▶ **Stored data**
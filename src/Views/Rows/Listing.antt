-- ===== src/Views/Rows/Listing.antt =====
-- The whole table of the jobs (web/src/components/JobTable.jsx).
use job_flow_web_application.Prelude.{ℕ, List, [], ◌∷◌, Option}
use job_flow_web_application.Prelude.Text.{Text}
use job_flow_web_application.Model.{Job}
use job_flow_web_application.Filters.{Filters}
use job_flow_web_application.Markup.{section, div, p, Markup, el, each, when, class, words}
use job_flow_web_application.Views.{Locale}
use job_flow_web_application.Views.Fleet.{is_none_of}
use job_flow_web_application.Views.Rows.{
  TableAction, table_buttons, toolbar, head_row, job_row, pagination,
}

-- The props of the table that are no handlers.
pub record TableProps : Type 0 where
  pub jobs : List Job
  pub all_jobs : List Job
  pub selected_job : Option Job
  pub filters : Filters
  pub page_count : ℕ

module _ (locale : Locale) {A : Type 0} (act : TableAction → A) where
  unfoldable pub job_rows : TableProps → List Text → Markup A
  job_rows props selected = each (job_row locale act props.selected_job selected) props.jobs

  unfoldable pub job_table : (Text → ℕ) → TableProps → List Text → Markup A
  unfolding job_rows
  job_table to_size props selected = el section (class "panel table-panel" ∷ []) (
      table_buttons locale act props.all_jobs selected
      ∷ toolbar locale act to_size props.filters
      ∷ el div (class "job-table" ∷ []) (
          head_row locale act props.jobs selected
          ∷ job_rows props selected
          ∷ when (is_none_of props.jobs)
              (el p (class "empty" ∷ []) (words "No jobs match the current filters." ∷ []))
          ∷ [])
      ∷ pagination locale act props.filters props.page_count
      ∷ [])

▶ **What the task requires**
Lines containing the word "Views" are to be pulled from the records and copied.

▶ **Solution to the problem**
filename src/Views/Rows/Listing.antt
-- ===== src/Views/Rows/Listing.antt =====
use job_flow_web_application.Views.{Locale}
use job_flow_web_application.Views.Fleet.{is_none_of}
use job_flow_web_application.Views.Rows.{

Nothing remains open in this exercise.